A bill designed to implement Australia’s level of underground mining safety regulations in New Zealand has been quashed.
The New Zealand parliament narrowly rejected the Bill by one vote, at 61 to 60, according to New Zealand’s 3 News.
The bill was presented following the Pike River tragedy, which took the lives of 29 miners, in 2010.
Following investigations into the disaster, one of the Pike River mine inspectors called for Australian mine standards to be implemented to increase safety in the country’s mining industry.
Kevin Poynter, the main Pike River inspector before the November 19 tragedy, told a New Zealand court Australian mine standards were higher and its inspectors were better supported.
Poynter, who now inspects mines in Queensland, said QLD mines were examined on a monthly basis and inspectors were supported by a “myriad” of experts.
Giving evidence at the third phase of the royal commission hearing, Poynter said he conducted only seven underground inspections at Pike River in two years.

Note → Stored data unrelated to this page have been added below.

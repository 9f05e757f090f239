-- ===== src/Cluster/MuxClient.antt =====
-- crates/trust-kernel/src/cluster_mux.rs: `ClusterMuxClient`, the link to a remote RAM B.
-- The socket and the server at its other end are the environment. Every request carries a fresh bus
-- sequence number, so a function of the request can stand for any behaviour of the link over time.
use spaceshuttle.Prelude.{ℕ, List, [], ◌∷◌, Option, none, String}

-- `Result<_, MuxError>`; the text is the error's `Display`.
pub data MuxResult {ℓ} (A : Type ℓ) : Type ℓ where
  ok : A → MuxResult A
  err : String → MuxResult A

infixl 5 ◌>>=◌
abbrev pub ◌>>=◌ {ℓ κ} : {A : Type ℓ} {B : Type κ} → MuxResult A → (A → MuxResult B) → MuxResult B
ok a >>= f = f a
err e >>= f = err e

pub record ClusterMuxClient : Type 0 where
  -- What one fetch exchange comes to: block_index, expected_hash, bus_seq.
  pub fetch_block : ℕ → Option String → ℕ → MuxResult (List ℕ)
  -- What one store exchange comes to: block_index, data, content_hash, ed25519_seal, raw_size, bus_seq.
  pub store_block : ℕ → List ℕ → String → String → ℕ → ℕ → MuxResult (Unit {0})

-- `fetch_batch`: all requests go out without an expected hash, then the responses are read in order;
-- the first that fails ends the batch.
unfoldable pub fetch_batch : ClusterMuxClient → List (ℕ × ℕ) → MuxResult (List (ℕ × List ℕ))
fetch_batch c [] = ok []
fetch_batch c ((block_index, bus_seq) ∷ requests) = do
  block ← c.fetch_block block_index none bus_seq
  rest ← fetch_batch c requests
  ok ((block_index, block) ∷ rest)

He said his last inspection was only 17 days before the fatal explosion, and the mine deputy Peter O’Neill, killed in the blast, told him “things were OK” at the mine.
Poynter said in 2009 and 2010 he had raised concerns that there were only two mine inspectors in New Zealand.
He also said he had lacked power to make appropriate safety enforcements in his first year on the job because he was still receiving training.
The safety bill was opposed by the collation of the NZ National and the ACT and United Future parties, while all other parties supported it.
No reason was given for its rejection.